▸ Given data:
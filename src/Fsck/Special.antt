-- ===== src/Fsck/Special.antt =====
-- src/fsck.cpm.c, phase 1: the checks of the disc label and of the entries with passwords.
use Prim.Native.Nat.{bit_xor}
use cpmtools.Base.{
  ℕ, ◌+◌, ◌-◌, ◌%◌, Bool, true, not, ◌&&◌, ◌||◌, List, [], ◌∷◌, ◌++◌, Option, none, some, ◌==◌, ltb,
  leb, if◌then◌else◌, take, drop, test_bit,
}
use cpmtools.Entry.{Entry}
use cpmtools.Super.{Drive}
use cpmtools.Fsck.Ask.{Case, ask, act, repair_each, ◌>>=◌, ◌and_then◌}
use cpmtools.Fsck.Fields.{check_name, check_ext}

abbrev pub p2dos : ℕ
p2dos = 3

abbrev pub dr3 : ℕ
dr3 = 71

abbrev pub mpm : ℕ
mpm = 101

-- `pwdCheck`: whether each of the eight characters is printable
unfoldable pub pwd_check : List ℕ → ℕ → Bool
pwd_check [] decode = true
pwd_check (p ∷ ps) decode =
    let c = bit_xor p decode in not (ltb c b' ' || leb 128 c) && pwd_check ps decode

-- `PB`, the sum of the letters `T0` to `T7` as a byte
abbrev pub pb : ℕ
pb = (b'G' + b'E' + b'H' + b'E' + b'I' + b'M' + b' ' + b' ') % 256

-- `P0` to `P7`, the letters from the last to the first
abbrev pub default_password : List ℕ
default_password =
    bit_xor b' ' pb
    ∷ bit_xor b' ' pb
    ∷ bit_xor b'M' pb
    ∷ bit_xor b'I' pb
    ∷ bit_xor b'E' pb
    ∷ bit_xor b'H' pb
    ∷ bit_xor b'E' pb
    ∷ bit_xor b'G' pb
    ∷ []

abbrev pub set_password : Entry → Entry
set_password e = record e { pointers = default_password ++ drop 8 e.pointers; lrc = pb }

unfoldable pub is_bad_password : Entry → Bool
unfolding pwd_check
is_bad_password e = not (pwd_check (take 8 e.pointers) e.lrc)

-- the bits of the label byte that stamp on access and on creation, of which one may be set
unfoldable pub is_bad_label : Drive → Entry → Bool
is_bad_label d e = d.type == dr3 && test_bit e.extnol 6 && test_bit e.extnol 4

-- `dir->extnol &= ~0x40` and `dir->extnol &= ~0x10`, where the bit is set
abbrev pub clear_access : Entry → Entry
clear_access e = record e { extnol = e.extnol - 0x40 }

abbrev pub clear_creation : Entry → Entry
clear_creation e = record e { extnol = e.extnol - 0x10 }

-- the second question is put where the first is answered by no
unfoldable pub check_exclusive : Bool → Drive → Case → Option Case
unfolding repair_each ask act
check_exclusive norepair d c =
    let second = λ (rest : List ℕ).
      repair_each norepair clear_creation (true ∷ []) (record c { input = rest }) in
    if is_bad_label d c.entry
    then elim (ask norepair c.input) [
      | none ↦ none
      | some (reply, rest) ↦ if reply then some (act clear_access c reply rest) else second rest
    ]
    else some c

-- the test of the label's password
unfoldable pub is_bad_label_password : Entry → Bool
unfolding is_bad_password
is_bad_label_password e = test_bit e.extnol 7 && is_bad_password e

unfoldable pub check_label_password : Bool → Case → Option Case
unfolding repair_each is_bad_label_password
check_label_password norepair c =
    repair_each norepair set_password (is_bad_label_password c.entry ∷ []) c

-- the disc label
unfoldable pub check_label : Bool → Drive → Case → Option Case
unfolding check_exclusive check_label_password
check_label norepair d c = check_exclusive norepair d c and_then check_label_password norepair

-- the test of an XFCB's password
unfoldable pub is_bad_xfcb_password : Entry → Bool
unfolding is_bad_password
is_bad_xfcb_password e =
    (test_bit e.extnol 7 || test_bit e.extnol 6 || test_bit e.extnol 5) && is_bad_password e

unfoldable pub check_xfcb_password : Bool → Case → Option Case
unfolding repair_each is_bad_xfcb_password
check_xfcb_password norepair c =
    repair_each norepair set_password (is_bad_xfcb_password c.entry ∷ []) c

unfoldable pub check_xfcb : Bool → Case → Option Case
unfolding check_name check_ext check_xfcb_password
check_xfcb norepair c =
    check_name norepair c >>= check_ext norepair >>= check_xfcb_password norepair
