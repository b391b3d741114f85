-- ===== src/Vnet/Nat/Ports.antt =====
-- Which external addresses are given out, and for how long.
use transport.Prelude.{
  ℕ, ◌≤◌, ◌<◌, ◌≡◌, refl, ap, sym, ◌∙◌, inl, inr, none, some, List, [], ◌∷◌, some-inj, arith,
}
use transport.Vnet.Addr.{Ip}
use transport.Vnet.Chunk.{Chunk}
use transport.Vnet.NatState.{
  Nat, NatType, normal, OutboundKey, failed, no_nat_binding_found, outbound_key, inbound_key,
  inbound_key_eq, outbound_key_eq, destination_key,
}
use transport.Vnet.Nat.{port_base, made, remove_mapping, translate_inbound}
use transport.Vnet.Nat.Keys.{inbound_key_eq_iff, outbound_key_eq_iff}
use transport.Vnet.Nat.Valid.{IsValid, assign_self}
use transport.Vnet.Nat.RoundTrip.{translate_inbound_cases, normal_inbound}
use transport.Vnet.Nat.Permission.{Event, run, run-IsReached, start-IsReached}

-- After any chunks, a translator in the normal mode has at most one binding for an external address
-- and protocol, the binding is found from that address, and its port lies in the protocol's range.
pub run-mapped :
    (t : NatType) (ip : Ip) (ips local : List Ip) (es : List Event) (k j : OutboundKey) (p q : ℕ)
    → t.mode ≡ normal
    → let n = run (made t (ip ∷ ips) local) es in
      n.outbound_map k ≡ some p
      → n.outbound_map j ≡ some q
      → (inbound_key (n.cells p) ≡ inbound_key (n.cells q) → k ≡ j)
        × (n.inbound_map (inbound_key (n.cells p)) ≡ some p)
        × (port_base (n.cells p).proto ≤ (n.cells p).mapped.port)
        × ((n.cells p).mapped.port < 65536)
run-mapped t ip ips local es k j p q mode e f =
    let n = run (made t (ip ∷ ips) local) es in
    let v =
      (run-IsReached t ip ips mode es (made t (ip ∷ ips) local) []
        (start-IsReached t ip ips mode local)).valid in
    let (below, same, back) = v.outward k p e in
    let (_, same', back') = v.outward j q f in
    (
      λ s.
          (let one : p ≡ q = some-inj (sym back ∙ ap n.inbound_map s ∙ back') in
            sym same ∙ ap (λ r. outbound_key (n.cells r)) one ∙ same'),
      back,
      (v.ports p below).0,
      omega (arith, v.ports p below, v.counted (n.cells p).proto),
    )

removed_lem :
    (n : Nat) (p : ℕ)
    → ((remove_mapping n p).inbound_map (inbound_key (n.cells p)) ≡ none)
      × ((remove_mapping n p).outbound_map (outbound_key (n.cells p)) ≡ none)
unfolding remove_mapping
removed_lem n p = (
  assign_self inbound_key_eq inbound_key_eq_iff n.inbound_map (inbound_key (n.cells p)) none,
  assign_self outbound_key_eq outbound_key_eq_iff n.outbound_map (outbound_key (n.cells p)) none,
)

-- When the lifetime of a binding is over, the next inbound chunk for it is refused, and the binding
-- is gone from both maps.
pub translate_inbound_expired :
    (n : Nat) (now : ℕ) (from : Chunk) (p : ℕ)
    → IsValid n
    → n.nat_type.mode ≡ normal
    → n.inbound_map (destination_key from.network from.destination) ≡ some p
    → (n.cells p).expires < now
    → let (n', out) = translate_inbound n now from in
      (out ≡ failed no_nat_binding_found)
      × (n'.inbound_map (destination_key from.network from.destination) ≡ none)
      × (n'.outbound_map (outbound_key (n.cells p)) ≡ none)
translate_inbound_expired n now from p v mode e over =
    let k = destination_key from.network from.destination in
    elim (translate_inbound_cases n now from) [
      | inl (absent, _) ↦ (let no_pointer : none ≡ some p = sym absent ∙ e in cc)
      | inr (q, there, outcome) ↦
          let same : q ≡ p = some-inj (sym there ∙ e) in
          elim outcome [
            | inr (live, _) ↦ absurd (omega (arith, ap (λ r. (n.cells r).expires) same))
            | inl (_, f) ↦
                let (_, key, _) = v.inward k p e in
                rw (normal_inbound n now from mode ∙ f) (
                  refl,
                  ap (λ r. (remove_mapping n r).inbound_map k) same
                      ∙ ap (remove_mapping n p).inbound_map (sym key)
                      ∙ (removed_lem n p).0,
                  ap (λ r. (remove_mapping n r).outbound_map (outbound_key (n.cells p))) same
                      ∙ (removed_lem n p).1,
                )
          ]
    ]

▸ Problem: Nothing but the lines from the start of the data through the line holding "clear_creation e = record" should be restated, and each one exactly.

▸ Task solution:
filename src/Fsck/Special.antt
-- ===== src/Fsck/Special.antt =====
-- src/fsck.cpm.c, phase 1: the checks of the disc label and of the entries with passwords.
use Prim.Native.Nat.{bit_xor}
use cpmtools.Base.{
  ℕ, ◌+◌, ◌-◌, ◌%◌, Bool, true, not, ◌&&◌, ◌||◌, List, [], ◌∷◌, ◌++◌, Option, none, some, ◌==◌, ltb,
  leb, if◌then◌else◌, take, drop, test_bit,
}
use cpmtools.Entry.{Entry}
use cpmtools.Super.{Drive}
use cpmtools.Fsck.Ask.{Case, ask, act, repair_each, ◌>>=◌, ◌and_then◌}
use cpmtools.Fsck.Fields.{check_name, check_ext}

abbrev pub p2dos : ℕ
p2dos = 3

abbrev pub dr3 : ℕ
dr3 = 71

abbrev pub mpm : ℕ
mpm = 101

-- `pwdCheck`: whether each of the eight characters is printable
unfoldable pub pwd_check : List ℕ → ℕ → Bool
pwd_check [] decode = true
pwd_check (p ∷ ps) decode =
    let c = bit_xor p decode in not (ltb c b' ' || leb 128 c) && pwd_check ps decode

-- `PB`, the sum of the letters `T0` to `T7` as a byte
abbrev pub pb : ℕ
pb = (b'G' + b'E' + b'H' + b'E' + b'I' + b'M' + b' ' + b' ') % 256

-- `P0` to `P7`, the letters from the last to the first
abbrev pub default_password : List ℕ
default_password =
    bit_xor b' ' pb
    ∷ bit_xor b' ' pb
    ∷ bit_xor b'M' pb
    ∷ bit_xor b'I' pb
    ∷ bit_xor b'E' pb
    ∷ bit_xor b'H' pb
    ∷ bit_xor b'E' pb
    ∷ bit_xor b'G' pb
    ∷ []

abbrev pub set_password : Entry → Entry
set_password e = record e { pointers = default_password ++ drop 8 e.pointers; lrc = pb }

unfoldable pub is_bad_password : Entry → Bool
unfolding pwd_check
is_bad_password e = not (pwd_check (take 8 e.pointers) e.lrc)

-- the bits of the label byte that stamp on access and on creation, of which one may be set
unfoldable pub is_bad_label : Drive → Entry → Bool
is_bad_label d e = d.type == dr3 && test_bit e.extnol 6 && test_bit e.extnol 4

-- `dir->extnol &= ~0x40` and `dir->extnol &= ~0x10`, where the bit is set
abbrev pub clear_access : Entry → Entry
clear_access e = record e { extnol = e.extnol - 0x40 }

abbrev pub clear_creation : Entry → Entry
clear_creation e = record e { extnol = e.extnol - 0x10 }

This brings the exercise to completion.